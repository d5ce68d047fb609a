-- ===== src/Runtime/Text/Replace.antt =====
-- Splitting, replacing and joining (libs/runtime/src/kn_runtime.c, __kn_text_split,
-- __kn_text_replace and __kn_text_join).
use kinal.Prelude.{
  ℕ, zero, suc, ◌+◌, ◌-◌, ◌%◌, ◌^◌, ◌≤◌, ◌<◌, Bool, true, false, Option, none, some, List, [], ◌∷◌,
  ◌++◌, append-nil, append_assoc, Bytes, length, get_or, take, drop, map, ltb, leb, ◌≡◌, refl, sym,
  ap, ◌∙◌, arith, Bool-cases, inl, inr, length-drop, take-append-drop,
}
use kinal.Runtime.Text.{is_at, write_loop, rt_slice_gc, split_loop, join_rest, join_parts}
use kinal.Runtime.Text.Matches.{drop-drop, drop_next}

-- A part that was not allocated reads as the empty text.
abbrev pub or_empty : Option Bytes → Bytes
or_empty none = []
or_empty (some b) = b

-- What stands between two offsets.
abbrev pub between : Bytes → ℕ → ℕ → Bytes
between s start i = take (i - start) (drop start s)

take_one_more :
    (n : ℕ) (xs : Bytes) → n < length xs → take (n + 1) xs ≡ take n xs ++ (get_or xs n 0 ∷ [])
take_one_more n [] h = absurd (omega (arith, h))
take_one_more zero (x ∷ xs) h = refl
take_one_more (suc n) (x ∷ xs) h =
    let e : suc n + 1 ≡ suc (n + 1) = omega arith in
    ap (λ k. take k (x ∷ xs)) e ∙ ap (◌∷◌ x) (take_one_more n xs (omega (arith, h)))

pub get_or-drop : (n i : ℕ) (s : Bytes) → get_or (drop n s) i 0 ≡ get_or s (n + i) 0
get_or-drop zero i s = ap (λ k. get_or s k 0) (omega arith)
get_or-drop (suc n) i [] = refl
get_or-drop (suc n) i (c ∷ s) =
    let e : suc n + i ≡ suc (n + i) = omega arith in
    get_or-drop n i s ∙ sym (ap (λ k. get_or (c ∷ s) k 0) e)

between_next :
    (s : Bytes) (start i : ℕ)
    → start ≤ i
    → i < length s
    → between s start (i + 1) ≡ between s start i ++ (get_or s i 0 ∷ [])
between_next s start i le h =
    let e : i + 1 - start ≡ i - start + 1 = omega (arith, le) in
    let at : start + (i - start) ≡ i = omega (arith, le) in
    ap (λ k. take k (drop start s)) e
    ∙ take_one_more (i - start) (drop start s) (omega (arith, length-drop start s, le, h))
    ∙ ap (λ c. between s start i ++ (c ∷ []))
        (get_or-drop start (i - start) s ∙ ap (λ k. get_or s k 0) at)

drop_between : (s : Bytes) (start i : ℕ) → start ≤ i → drop start s ≡ between s start i ++ drop i s
drop_between s start i le =
    let at : start + (i - start) ≡ i = omega (arith, le) in
    sym (take-append-drop (i - start) (drop start s))
    ∙ ap (λ t. between s start i ++ t) (drop-drop start (i - start) s ∙ ap (λ k. drop k s) at)

pub drop_end : (i : ℕ) (s : Bytes) → length s ≤ i → drop i s ≡ []
drop_end zero [] h = refl
drop_end zero (c ∷ s) h = absurd (omega (arith, h))
drop_end (suc i) [] h = refl
drop_end (suc i) (c ∷ s) h = drop_end i s (omega (arith, h))

-- What is left where no match fits any more.
pub write_loop-drop :
    (n : ℕ) (s from to : Bytes) (i : ℕ)
    → length s - i < n
    → length s < i + length from
    → write_loop n s from to i ≡ drop i s
unfolding write_loop
write_loop-drop zero s from to i h short = absurd (omega (arith, h))
write_loop-drop (suc n) s from to i h short = elim (Bool-cases (ltb i (length s))) [
  | inl e ↦
      let inside : i < length s = ground (arith, e) in
      let none_fits : leb (i + length from) (length s) ≡ false = ground (arith, short) in
      rw e (
        rw none_fits (
          ap (◌∷◌ (get_or s i 0))
            (write_loop-drop n s from to (i + 1) (omega (arith, h, inside)) (omega (arith, short)))
          ∙ sym (drop_next i s inside)))
  | inr e ↦ rw e (sym (drop_end i s (ground (arith, e))))
]

module _ (gc_alloc : ℕ → Bool) (s : Bytes) (plenty : (n : ℕ) → n ≤ length s + 1 → gc_alloc n ≡ true)
    (fits : length s < 2 ^ 62) where
  pub slice_between :
      (start i : ℕ)
      → start ≤ i
      → i ≤ length s
      → rt_slice_gc gc_alloc s start (i - start) ≡ some (between s start i)
  unfolding rt_slice_gc
  slice_between start i le h =
      let inside : ltb (length s) start ≡ false = ground (arith, le, h) in
      let short : ltb (length s) ((start + (i - start)) % 2 ^ 64) ≡ false =
        ground (arith, le, h, fits) in
      let given : gc_alloc ((i - start + 1) % 2 ^ 64) ≡ true =
        plenty ((i - start + 1) % 2 ^ 64) (omega (arith, h)) in
      rw inside (rw short (rw given refl))

  -- There is always a last part.
  split_loop_some :
      (n : ℕ) (sep : Bytes) (start i : ℕ)
      → length s - i < n
      → 0 < length sep
      → (p : Option Bytes) × (ps : List (Option Bytes)) × (split_loop gc_alloc n s sep start i
          ≡ p ∷ ps)
  unfolding split_loop
  split_loop_some zero sep start i h pos = absurd (omega (arith, h))
  split_loop_some (suc n) sep start i h pos = elim (Bool-cases (leb (i + length sep) (length s))) [
    | inl e ↦ elim (Bool-cases (is_at s i sep)) [
      | inl m ↦ (
        rt_slice_gc gc_alloc s start (i - start),
        split_loop gc_alloc n s sep (i + length sep) (i + length sep),
        rw e (rw m refl),
      )
      | inr m ↦
          let inside : i + length sep ≤ length s = ground (arith, e) in
          let (p, ps, q) =
            split_loop_some n sep start (i + 1) (omega (arith, h, inside, pos)) pos in
          (p, ps, rw e (rw m q))
    ]
    | inr e ↦ (rt_slice_gc gc_alloc s start (length s - start), [], rw e refl)
  ]

  module _ (sep to : Bytes) (pos : 0 < length sep) where
    abbrev parts : ℕ → ℕ → ℕ → List Bytes
    parts n start i = map or_empty (split_loop gc_alloc n s sep start i)

    join_rest-parts :
        (n start i : ℕ)
        → length s - i < n
        → join_rest to (parts n start i) ≡ to ++ join_parts to (parts n start i)
    unfolding join_rest join_parts
    join_rest-parts n start i h = let (p, ps, q) = split_loop_some n sep start i h pos in rw q refl

    last_part :
        (n start i : ℕ)
        → start ≤ length s
        → leb (i + length sep) (length s) ≡ false
        → parts (suc n) start i ≡ between s start (length s) ∷ []
    unfolding split_loop
    last_part n start i le e =
        let slice = slice_between start (length s) le (omega arith) in rw e (rw slice refl)

    -- Joining the parts from `i` on writes what replacing writes.
    pub join_parts-write_loop :
        (n start i : ℕ)
        → start ≤ i
        → i ≤ length s
        → length s - i < n
        → join_parts to (parts n start i) ≡ between s start i ++ write_loop n s sep to i
    unfolding split_loop write_loop join_parts join_rest
    join_parts-write_loop zero start i le b h = absurd (omega (arith, h))
    join_parts-write_loop (suc n) start i le b h =
        elim (Bool-cases (leb (i + length sep) (length s))) [
          | inl e ↦
              let fits' : i + length sep ≤ length s = ground (arith, e) in
              let inside : ltb i (length s) ≡ true = ground (arith, fits', pos) in
              elim (Bool-cases (is_at s i sep)) [
                | inl m ↦
                    let next = i + length sep in
                    let slice = slice_between start i le b in
                    let less : length s - next < n = omega (arith, h, fits', pos) in
                    let ih = join_parts-write_loop n next next (omega arith) fits' less in
                    let no_width : next - next ≡ 0 = omega arith in
                    let zero_wide : between s next next ≡ [] =
                      ap (λ k. take k (drop next s)) no_width in
                    rw e (
                      rw m (
                        rw slice (
                          rw inside (
                            ap (λ t. between s start i ++ t)
                              (join_rest-parts n next next less
                                ∙ ap (λ t. to ++ t)
                                    (ih ∙ ap (λ t. t ++ write_loop n s sep to next) zero_wide))))))
                | inr m ↦ rw e (
                    rw m (
                      rw inside (
                        join_parts-write_loop n start (i + 1) (omega (arith, le))
                          (omega (arith, fits', pos)) (omega (arith, h, fits', pos))
                        ∙ ap (λ t. t ++ write_loop n s sep to (i + 1))
                            (between_next s start i le (omega (arith, fits', pos)))
                        ∙ append_assoc (between s start i) (get_or s i 0 ∷ [])
                            (write_loop n s sep to (i + 1)))))
              ]
          | inr e ↦
              ap (join_parts to) (last_part n start i (omega (arith, le, b)) e)
              ∙ append-nil (between s start (length s))
              ∙ sym (append-nil (between s start (length s)))
              ∙ ap (λ t. between s start (length s) ++ t)
                  (sym (drop_end (length s) s (omega arith)))
              ∙ sym (drop_between s start (length s) (omega (arith, le, b)))
              ∙ drop_between s start i le
              ∙ ap (λ t. between s start i ++ t)
                  (sym (write_loop-drop (suc n) s sep to i h (ground (arith, e))))
        ]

# Problem description
Scan the material above for the word "abbrev". Copy each line where it occurs.

# Result of the exercise
abbrev pub or_empty : Option Bytes → Bytes
abbrev pub between : Bytes → ℕ → ℕ → Bytes
    abbrev parts : ℕ → ℕ → ℕ → List Bytes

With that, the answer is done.